■ TASK PROMPT
Up to and including the line with "sum_counts-insert to weight [] = omega arith", repeat every line of the listing exactly, beginning at the first.

■ GIVEN DATA
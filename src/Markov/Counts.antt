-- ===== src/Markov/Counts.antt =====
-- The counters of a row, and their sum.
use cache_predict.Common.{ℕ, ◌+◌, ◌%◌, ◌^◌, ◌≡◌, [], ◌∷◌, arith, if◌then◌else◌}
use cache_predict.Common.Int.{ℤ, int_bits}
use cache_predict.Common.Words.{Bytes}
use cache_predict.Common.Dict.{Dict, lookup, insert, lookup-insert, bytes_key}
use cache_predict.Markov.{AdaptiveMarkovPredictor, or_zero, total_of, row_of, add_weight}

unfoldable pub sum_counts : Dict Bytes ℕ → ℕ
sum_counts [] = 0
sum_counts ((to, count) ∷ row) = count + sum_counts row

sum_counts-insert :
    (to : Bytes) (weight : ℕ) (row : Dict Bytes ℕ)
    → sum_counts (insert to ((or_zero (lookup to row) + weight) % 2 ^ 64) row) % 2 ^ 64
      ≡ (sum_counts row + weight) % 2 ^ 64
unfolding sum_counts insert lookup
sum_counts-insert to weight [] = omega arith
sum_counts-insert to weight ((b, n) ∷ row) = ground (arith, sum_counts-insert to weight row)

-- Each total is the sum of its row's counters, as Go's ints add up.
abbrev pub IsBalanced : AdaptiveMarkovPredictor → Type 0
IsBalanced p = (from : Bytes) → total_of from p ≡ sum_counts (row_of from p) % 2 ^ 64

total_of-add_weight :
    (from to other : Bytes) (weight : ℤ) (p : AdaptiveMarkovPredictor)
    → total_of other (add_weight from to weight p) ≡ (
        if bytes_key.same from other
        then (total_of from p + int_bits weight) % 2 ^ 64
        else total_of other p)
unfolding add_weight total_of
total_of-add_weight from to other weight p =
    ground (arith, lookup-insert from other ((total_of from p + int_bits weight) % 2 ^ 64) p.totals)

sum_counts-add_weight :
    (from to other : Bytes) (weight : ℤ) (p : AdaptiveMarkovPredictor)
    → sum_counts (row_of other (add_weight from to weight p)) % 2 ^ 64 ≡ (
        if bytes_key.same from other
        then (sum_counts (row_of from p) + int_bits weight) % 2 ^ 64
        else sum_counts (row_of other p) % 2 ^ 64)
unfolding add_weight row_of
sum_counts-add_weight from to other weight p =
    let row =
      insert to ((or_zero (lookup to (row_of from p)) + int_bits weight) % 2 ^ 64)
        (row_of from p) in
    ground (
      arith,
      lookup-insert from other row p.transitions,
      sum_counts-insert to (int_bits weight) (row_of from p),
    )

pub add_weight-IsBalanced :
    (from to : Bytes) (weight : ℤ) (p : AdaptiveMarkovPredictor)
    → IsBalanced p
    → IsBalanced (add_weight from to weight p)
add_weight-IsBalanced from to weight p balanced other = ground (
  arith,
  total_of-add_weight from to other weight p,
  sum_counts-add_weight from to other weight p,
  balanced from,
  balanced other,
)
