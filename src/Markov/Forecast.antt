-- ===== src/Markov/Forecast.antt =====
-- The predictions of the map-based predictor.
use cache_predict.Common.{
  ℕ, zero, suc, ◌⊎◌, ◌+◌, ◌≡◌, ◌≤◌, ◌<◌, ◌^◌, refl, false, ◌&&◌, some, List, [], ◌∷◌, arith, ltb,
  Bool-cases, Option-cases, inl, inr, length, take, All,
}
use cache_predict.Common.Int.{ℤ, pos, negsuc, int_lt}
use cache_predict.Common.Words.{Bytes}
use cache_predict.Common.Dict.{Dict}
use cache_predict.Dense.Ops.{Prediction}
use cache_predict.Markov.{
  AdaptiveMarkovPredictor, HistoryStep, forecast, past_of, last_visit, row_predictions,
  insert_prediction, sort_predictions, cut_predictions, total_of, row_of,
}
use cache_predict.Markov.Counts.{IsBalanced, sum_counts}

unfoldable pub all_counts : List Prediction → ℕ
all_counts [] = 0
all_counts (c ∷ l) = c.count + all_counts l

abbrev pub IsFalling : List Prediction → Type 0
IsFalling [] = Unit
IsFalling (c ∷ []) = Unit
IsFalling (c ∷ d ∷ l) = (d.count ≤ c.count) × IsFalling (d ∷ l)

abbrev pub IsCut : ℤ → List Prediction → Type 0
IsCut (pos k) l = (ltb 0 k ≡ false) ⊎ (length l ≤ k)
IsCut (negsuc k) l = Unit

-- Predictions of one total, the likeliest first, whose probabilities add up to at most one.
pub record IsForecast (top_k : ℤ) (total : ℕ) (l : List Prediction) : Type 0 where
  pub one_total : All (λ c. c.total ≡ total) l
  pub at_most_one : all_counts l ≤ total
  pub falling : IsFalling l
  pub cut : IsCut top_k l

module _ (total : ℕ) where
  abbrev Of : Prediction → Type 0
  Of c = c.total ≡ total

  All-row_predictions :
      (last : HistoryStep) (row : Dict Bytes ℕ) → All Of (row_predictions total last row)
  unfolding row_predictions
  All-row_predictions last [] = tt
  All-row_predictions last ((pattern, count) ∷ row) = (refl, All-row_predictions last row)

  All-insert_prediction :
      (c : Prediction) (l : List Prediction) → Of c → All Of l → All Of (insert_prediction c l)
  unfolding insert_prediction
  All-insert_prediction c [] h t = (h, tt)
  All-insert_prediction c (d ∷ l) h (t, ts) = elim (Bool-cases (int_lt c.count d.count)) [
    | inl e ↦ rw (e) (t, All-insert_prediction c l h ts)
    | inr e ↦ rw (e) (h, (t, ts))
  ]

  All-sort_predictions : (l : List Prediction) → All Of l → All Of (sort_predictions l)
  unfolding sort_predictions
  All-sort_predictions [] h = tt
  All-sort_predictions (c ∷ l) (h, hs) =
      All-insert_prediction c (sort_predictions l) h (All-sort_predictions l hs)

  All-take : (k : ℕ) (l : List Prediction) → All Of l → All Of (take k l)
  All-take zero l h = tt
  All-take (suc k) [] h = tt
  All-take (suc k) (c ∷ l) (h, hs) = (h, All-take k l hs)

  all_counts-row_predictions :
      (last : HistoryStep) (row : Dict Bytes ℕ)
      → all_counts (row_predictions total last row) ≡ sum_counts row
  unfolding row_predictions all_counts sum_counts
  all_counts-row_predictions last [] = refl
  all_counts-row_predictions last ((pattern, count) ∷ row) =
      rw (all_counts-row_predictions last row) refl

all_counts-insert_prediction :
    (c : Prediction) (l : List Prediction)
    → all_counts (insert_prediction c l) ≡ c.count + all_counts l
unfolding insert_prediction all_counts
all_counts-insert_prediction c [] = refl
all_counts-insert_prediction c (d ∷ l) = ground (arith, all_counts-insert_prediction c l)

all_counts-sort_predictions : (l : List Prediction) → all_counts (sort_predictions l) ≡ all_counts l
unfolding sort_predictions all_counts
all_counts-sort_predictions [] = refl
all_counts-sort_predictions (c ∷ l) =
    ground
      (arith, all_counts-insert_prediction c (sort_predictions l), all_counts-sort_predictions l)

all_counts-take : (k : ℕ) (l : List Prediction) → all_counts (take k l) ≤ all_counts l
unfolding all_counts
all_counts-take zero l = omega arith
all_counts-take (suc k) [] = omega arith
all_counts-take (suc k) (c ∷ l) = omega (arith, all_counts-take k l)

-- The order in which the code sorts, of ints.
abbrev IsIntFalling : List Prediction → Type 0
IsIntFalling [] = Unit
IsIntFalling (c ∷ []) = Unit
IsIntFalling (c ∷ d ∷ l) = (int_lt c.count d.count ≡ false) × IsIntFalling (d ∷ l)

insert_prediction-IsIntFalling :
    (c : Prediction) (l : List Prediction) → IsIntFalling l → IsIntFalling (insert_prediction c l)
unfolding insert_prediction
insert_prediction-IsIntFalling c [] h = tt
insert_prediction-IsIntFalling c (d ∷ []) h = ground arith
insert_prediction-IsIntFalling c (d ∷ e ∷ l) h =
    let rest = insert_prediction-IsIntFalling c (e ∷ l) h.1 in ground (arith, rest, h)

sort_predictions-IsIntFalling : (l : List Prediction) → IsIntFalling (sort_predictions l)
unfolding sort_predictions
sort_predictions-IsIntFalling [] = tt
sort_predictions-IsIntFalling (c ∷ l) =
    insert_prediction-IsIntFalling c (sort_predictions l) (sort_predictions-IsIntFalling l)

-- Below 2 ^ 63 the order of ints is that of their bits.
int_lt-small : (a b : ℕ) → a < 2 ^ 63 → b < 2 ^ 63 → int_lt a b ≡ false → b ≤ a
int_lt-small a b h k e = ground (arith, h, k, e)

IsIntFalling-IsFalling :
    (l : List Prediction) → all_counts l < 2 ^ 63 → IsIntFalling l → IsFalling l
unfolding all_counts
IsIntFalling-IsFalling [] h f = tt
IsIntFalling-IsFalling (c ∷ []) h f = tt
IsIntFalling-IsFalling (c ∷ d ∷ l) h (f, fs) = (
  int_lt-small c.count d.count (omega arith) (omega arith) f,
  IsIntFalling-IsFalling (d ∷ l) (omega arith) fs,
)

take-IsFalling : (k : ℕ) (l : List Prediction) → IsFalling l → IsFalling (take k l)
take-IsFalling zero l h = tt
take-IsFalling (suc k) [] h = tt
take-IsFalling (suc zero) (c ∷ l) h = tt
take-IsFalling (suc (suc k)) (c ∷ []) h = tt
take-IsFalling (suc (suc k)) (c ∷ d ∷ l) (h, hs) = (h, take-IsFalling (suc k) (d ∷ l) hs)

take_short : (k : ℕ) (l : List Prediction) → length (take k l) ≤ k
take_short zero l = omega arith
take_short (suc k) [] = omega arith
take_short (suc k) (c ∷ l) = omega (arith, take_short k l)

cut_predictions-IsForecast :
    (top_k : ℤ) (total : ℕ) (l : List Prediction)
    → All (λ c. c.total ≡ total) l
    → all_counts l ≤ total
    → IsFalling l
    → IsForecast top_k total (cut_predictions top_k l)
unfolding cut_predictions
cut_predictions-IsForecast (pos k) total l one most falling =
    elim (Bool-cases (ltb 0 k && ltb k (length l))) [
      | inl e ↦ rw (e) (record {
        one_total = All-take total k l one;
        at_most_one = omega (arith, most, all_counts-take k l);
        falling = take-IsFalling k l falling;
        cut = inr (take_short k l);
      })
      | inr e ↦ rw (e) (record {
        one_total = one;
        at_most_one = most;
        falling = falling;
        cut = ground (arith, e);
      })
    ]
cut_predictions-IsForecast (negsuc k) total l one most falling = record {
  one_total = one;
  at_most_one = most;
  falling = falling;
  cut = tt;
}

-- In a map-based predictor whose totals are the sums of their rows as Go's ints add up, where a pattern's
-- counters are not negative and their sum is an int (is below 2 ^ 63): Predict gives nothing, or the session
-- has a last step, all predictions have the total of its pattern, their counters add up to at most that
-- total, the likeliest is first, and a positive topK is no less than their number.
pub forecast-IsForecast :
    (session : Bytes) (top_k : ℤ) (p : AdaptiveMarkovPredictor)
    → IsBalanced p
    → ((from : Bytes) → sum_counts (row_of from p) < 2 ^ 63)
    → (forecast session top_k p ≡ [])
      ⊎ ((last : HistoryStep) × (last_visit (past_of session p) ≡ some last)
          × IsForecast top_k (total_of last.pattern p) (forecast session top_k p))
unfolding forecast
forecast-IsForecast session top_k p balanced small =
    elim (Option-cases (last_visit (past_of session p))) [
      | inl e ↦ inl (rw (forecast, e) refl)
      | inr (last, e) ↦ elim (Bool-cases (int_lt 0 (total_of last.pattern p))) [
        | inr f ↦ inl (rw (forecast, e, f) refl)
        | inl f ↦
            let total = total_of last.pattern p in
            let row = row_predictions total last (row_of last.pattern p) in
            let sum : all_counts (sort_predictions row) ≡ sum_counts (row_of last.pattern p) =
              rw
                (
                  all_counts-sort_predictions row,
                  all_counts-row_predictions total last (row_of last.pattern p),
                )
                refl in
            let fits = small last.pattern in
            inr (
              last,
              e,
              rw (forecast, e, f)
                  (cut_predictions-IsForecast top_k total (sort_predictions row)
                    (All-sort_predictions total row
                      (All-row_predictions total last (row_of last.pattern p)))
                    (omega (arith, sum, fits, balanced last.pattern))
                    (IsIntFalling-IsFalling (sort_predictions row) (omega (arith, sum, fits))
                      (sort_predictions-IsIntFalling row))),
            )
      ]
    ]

■ RESULT OF THIS TASK
filename src/Markov/Counts.antt
-- ===== src/Markov/Counts.antt =====
-- The counters of a row, and their sum.
use cache_predict.Common.{ℕ, ◌+◌, ◌%◌, ◌^◌, ◌≡◌, [], ◌∷◌, arith, if◌then◌else◌}
use cache_predict.Common.Int.{ℤ, int_bits}
use cache_predict.Common.Words.{Bytes}
use cache_predict.Common.Dict.{Dict, lookup, insert, lookup-insert, bytes_key}
use cache_predict.Markov.{AdaptiveMarkovPredictor, or_zero, total_of, row_of, add_weight}

unfoldable pub sum_counts : Dict Bytes ℕ → ℕ
sum_counts [] = 0
sum_counts ((to, count) ∷ row) = count + sum_counts row

sum_counts-insert :
    (to : Bytes) (weight : ℕ) (row : Dict Bytes ℕ)
    → sum_counts (insert to ((or_zero (lookup to row) + weight) % 2 ^ 64) row) % 2 ^ 64
      ≡ (sum_counts row + weight) % 2 ^ 64
unfolding sum_counts insert lookup
sum_counts-insert to weight [] = omega arith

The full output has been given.